Sometimes just being the correlation is a good sign for us to think “look as an educational institution, let's try to engage people to use the platform more because they will conclude and have a better use” or we think, it's a hypothesis.

Of course, there is a famous phrase that says that correlation is not causality, but it is a good sign. Although, if you look for it, there is a site called spurious correlations.

The site that has a book, I think the book has the same name and has super cool examples of fascinating correlations, for example, the years that the US stock market rose in relation to the years that Nicolas Cage released the film.

Is Python the new Excel?

Excel is more friendly to the end user, however much making formulas, one inside the other, etc., is not at all trivial, right, the functional and reactive way of Excel, it is not trivial, but I still think that Excel is easier to learn the first time.

Data Science languages and libraries: R, Python, Pandas

And where do these acronyms, these keywords, Python, R and Pandas that are very much in the daily life of the data scientist?

So, there is Excel which is a way for us to work the data in a spreadsheet and, which, I think, is super cool because it is easy for us to visualize this information, but we can also describe it in a way that we tell the computer to do things, (in an) imperative way, which is generally imperative what we end up using in these other languages, and with that, you have Python, R and other languages as alternatives to Excel, there are other tools too, of course.

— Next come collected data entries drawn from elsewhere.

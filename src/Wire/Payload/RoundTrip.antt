-- ===== src/Wire/Payload/RoundTrip.antt =====
-- Every message comes back from the wire, and ends at its first semicolon.
use go_clarinet.Base.{◌≡◌, ◌≢◌, ◌<◌, ◌^◌, refl, List, [], ◌∷◌, Bytes}
use go_clarinet.Base.Lists.{All}
use go_clarinet.Connection.{nil_selector}
use go_clarinet.Wire.Base64.RoundTrip.{IsByte}
use go_clarinet.Wire.Decimal.RoundTrip.{IsInt64}
use go_clarinet.Wire.Parts.{parsed}
use go_clarinet.Wire.Messages.{Texts}
use go_clarinet.Wire.Messages.Fields.{Faithful}
use go_clarinet.Wire.Messages.RoundTrip.{
  deserialize-serialize_connect_request, deserialize-serialize_witness_request,
  deserialize-serialize_connect_response, deserialize-serialize_witness_response,
  deserialize-serialize_witness_notification, deserialize-serialize_close_request,
}
use go_clarinet.Wire.Messages.Framing.{
  IsFramed, serialize_connect_request-IsFramed, serialize_witness_request-IsFramed,
  serialize_connect_response-IsFramed, serialize_witness_response-IsFramed,
  serialize_witness_notification-IsFramed, serialize_close_request-IsFramed,
}
use go_clarinet.Wire.Peers.RoundTrip.{
  CanBeSent, deserialize-serialize_peers_response, serialize_peers_response-IsFramed,
  deserialize-serialize_peers_request, serialize_peers_request-IsFramed,
}
use go_clarinet.Wire.Payload.{
  Payload, connect_request, connect_response, witness_request, witness_response,
  witness_notification, close_request, peers_request, peers_response, unrecognized, kind_of,
  serialize, deserialize,
}

-- The texts of a list can be sent: they are byte strings, and not one empty text alone.
abbrev pub AreTexts : List Bytes → Type 0
AreTexts ss = All (All IsByte) ss × (ss ≢ [] ∷ [])

-- What a message must be like to come back.
abbrev pub IsSendable : Payload → Type 0
IsSendable (connect_request r) =
    (r.connection_id < 2 ^ 128) × (r.options.witness_selector ≢ nil_selector)
IsSendable (connect_response r) =
    (r.connection_id < 2 ^ 128) × AreTexts r.errors × AreTexts r.reject_reasons
IsSendable (witness_request r) =
    (r.connection_id < 2 ^ 128) × (r.options.witness_selector ≢ nil_selector)
IsSendable (witness_response r) =
    (r.connection_id < 2 ^ 128) × AreTexts r.errors × AreTexts r.reject_reasons
IsSendable (witness_notification n) = n.connection_id < 2 ^ 128
IsSendable (close_request r) = r.connection_id < 2 ^ 128
IsSendable (peers_request num) = IsInt64 num
IsSendable (peers_response peers) = All CanBeSent peers
IsSendable unrecognized = ⊥

-- The bytes of a message: its serialization, which ends at its first semicolon and is read back.
pub record Sent (texts : Texts) (p : Payload) : Type 0 where
  pub bytes : Bytes
  pub written : serialize texts p ≡ parsed bytes
  pub framed : IsFramed bytes
  pub read : deserialize texts bytes (kind_of p) ≡ parsed p

module _ (texts : Texts) (faithful : Faithful texts) where
  -- Every message that can be sent has a serialization, which ends in its only semicolon and is read
  -- back as the message. A message can be sent if its id has 128 bits, its selector is not nil, its
  -- number has 64 bits, its texts are byte strings, and no list of its texts is one empty text alone.
  pub serialize-Sent : (p : Payload) → IsSendable p → Sent texts p
  unfolding serialize deserialize
  serialize-Sent (connect_request r) (small, selects) = record {
    bytes = _;
    written = refl;
    framed = serialize_connect_request-IsFramed texts faithful r small;
    read = rw (deserialize-serialize_connect_request texts faithful r small selects) refl;
  }
  serialize-Sent (connect_response r) (small, (errors, errors_ne), (reasons, reasons_ne)) = record {
    bytes = _;
    written = refl;
    framed = serialize_connect_response-IsFramed texts faithful r small;
    read =
        rw
          (deserialize-serialize_connect_response texts faithful r small errors errors_ne reasons
            reasons_ne)
          refl;
  }
  serialize-Sent (witness_request r) (small, selects) = record {
    bytes = _;
    written = refl;
    framed = serialize_witness_request-IsFramed texts faithful r small;
    read = rw (deserialize-serialize_witness_request texts faithful r small selects) refl;
  }
  serialize-Sent (witness_response r) (small, (errors, errors_ne), (reasons, reasons_ne)) = record {
    bytes = _;
    written = refl;
    framed = serialize_witness_response-IsFramed texts faithful r small;
    read =
        rw
          (deserialize-serialize_witness_response texts faithful r small errors errors_ne reasons
            reasons_ne)
          refl;
  }
  serialize-Sent (witness_notification n) small = record {
    bytes = _;
    written = refl;
    framed = serialize_witness_notification-IsFramed texts faithful n small;
    read = rw (deserialize-serialize_witness_notification texts faithful n small) refl;
  }
  serialize-Sent (close_request r) small = record {
    bytes = _;
    written = refl;
    framed = serialize_close_request-IsFramed texts faithful r small;
    read = rw (deserialize-serialize_close_request texts faithful r small) refl;
  }
  serialize-Sent (peers_request num) fits = record {
    bytes = _;
    written = refl;
    framed = serialize_peers_request-IsFramed num;
    read = rw (deserialize-serialize_peers_request num fits) refl;
  }
  serialize-Sent (peers_response peers) can = record {
    bytes = _;
    written = refl;
    framed = serialize_peers_response-IsFramed texts faithful peers;
    read = rw (deserialize-serialize_peers_response texts faithful peers can) refl;
  }
  serialize-Sent unrecognized h = absurd h
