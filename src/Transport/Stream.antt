-- ===== src/Transport/Stream.antt =====
-- Streams: what is read from them, and what is done to them.
use go_clarinet.Base.{ℕ, ◌*◌, ◌^◌, Bool, Option, none, some, [], ◌∷◌, Bytes, codes, if◌then◌else◌}
use go_clarinet.Base.Eq.{◌==◌, nat_eq}
use go_clarinet.Base.Options.{◌>>=◌}
use go_clarinet.Connection.Error.{Err}
use go_clarinet.Wire.Parts.{WireErr}

-- The protocols that a node has a handler for.
pub data Protocol : Type 0 where
  connect witness peers witness_notification close : Protocol

unfoldable pub protocol_text : Protocol → Bytes
protocol_text connect = codes "/connect"
protocol_text witness = codes "/witness"
protocol_text peers = codes "/peers"
protocol_text witness_notification = codes "/witness-notification"
protocol_text close = codes "/close"

-- The calls that change a stream, in nanoseconds from the time of the call, and the bytes that went
-- into it.
pub data StreamEvent : Type 0 where
  deadline : ℕ → StreamEvent
  read_deadline : ℕ → StreamEvent
  write_deadline : ℕ → StreamEvent
  wrote : Bytes → StreamEvent
  closed : StreamEvent
  reset : StreamEvent

-- What ends a stream early.
pub data Fault : Type 0 where
  -- an error of the host or of the stream
  stream_fault : Fault
  no_such_peer : Fault
  unsupported_type : Fault
  wire : WireErr → Fault
  handler : Err → Fault
  short_write : ℕ → ℕ → Fault
  undecodable : WireErr → Fault
  unencodable : WireErr → Fault

pub data Outcome {ℓ} (A : Type ℓ) : Type ℓ where
  done : A → Outcome A
  failed : Fault → Outcome A
  crashed : Outcome A

-- What comes in over a stream: some bytes, and then its end or an error.
pub record Incoming : Type 0 where
  pub bytes : Bytes
  pub broken : Bool

-- How many bytes a `Write` takes, and whether it returns an error.
abbrev pub Writer : Type 0
Writer = Bytes → ℕ × Bool

-- `ReadBytes(';')`: an error if the text ends, or breaks off, before a semicolon.
unfoldable pub read_bytes : Bytes → Option Bytes
read_bytes [] = none
read_bytes (c ∷ s) =
    let rest = (do raw ← read_bytes s; some (c ∷ raw)) in if c == b';' then some (c ∷ []) else rest

-- `10 * time.Second`, where an option is nil
unfoldable pub or_default : Option ℕ → ℕ
or_default none = 10 * 10 ^ 9
or_default (some timeout) = timeout
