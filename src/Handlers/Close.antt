-- ===== src/Handlers/Close.antt =====
-- `closeHandlerAdapter`.
pub mod Effect
use go_clarinet.Base.{none, some, if◌then◌else◌}
use go_clarinet.Peer.{PeerId}
use go_clarinet.Connection.{Conn, CloseRequest, is_closed, set_status, closing, closed}
use go_clarinet.World.{Env, M, pure, external, catch}
use go_clarinet.Inmem.Connections
use go_clarinet.Inmem.Connections.{Written}

module _ {S : Type 0} (env : Env S) where
  -- The callback of `Update`.
  unfoldable pub closed_by : PeerId → CloseRequest → Conn → M S Written
  closed_by peer_id request conn =
      if is_closed conn.status
      then pure (none, none)
      else catch (external (env.on_close peer_id request))
          (λ _. pure (some (set_status closed conn), none))
          (λ e. pure (some (set_status closing conn), some e))

  unfoldable pub handle : PeerId → CloseRequest → M S (Unit {0})
  handle peer_id request = Connections.update request.connection_id (closed_by peer_id request)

So, you will have, perhaps more control, perhaps (with the possibility of) doing things deeper, more easily and there will be a language struggle a little, but there are alternatives, Excel, R, Python, each with its advantages and disadvantages.

Within the world of Python, you will have, for example, Pandas as a library that basically everyone uses, Jupyter basically as an exploration space for testing, with an exploratory space. But if you look around, you'll see people using the same Jupyter, not just to test it out, but to run things for real, like Netflix which uses a Jupyter cluster running their machine learning algorithms.

So, you can use these tools to do other things, if you have Pandas as the main, probably Python library, you have NumPy as well, but it's more numerical, but pandas is the main library of one of these languages.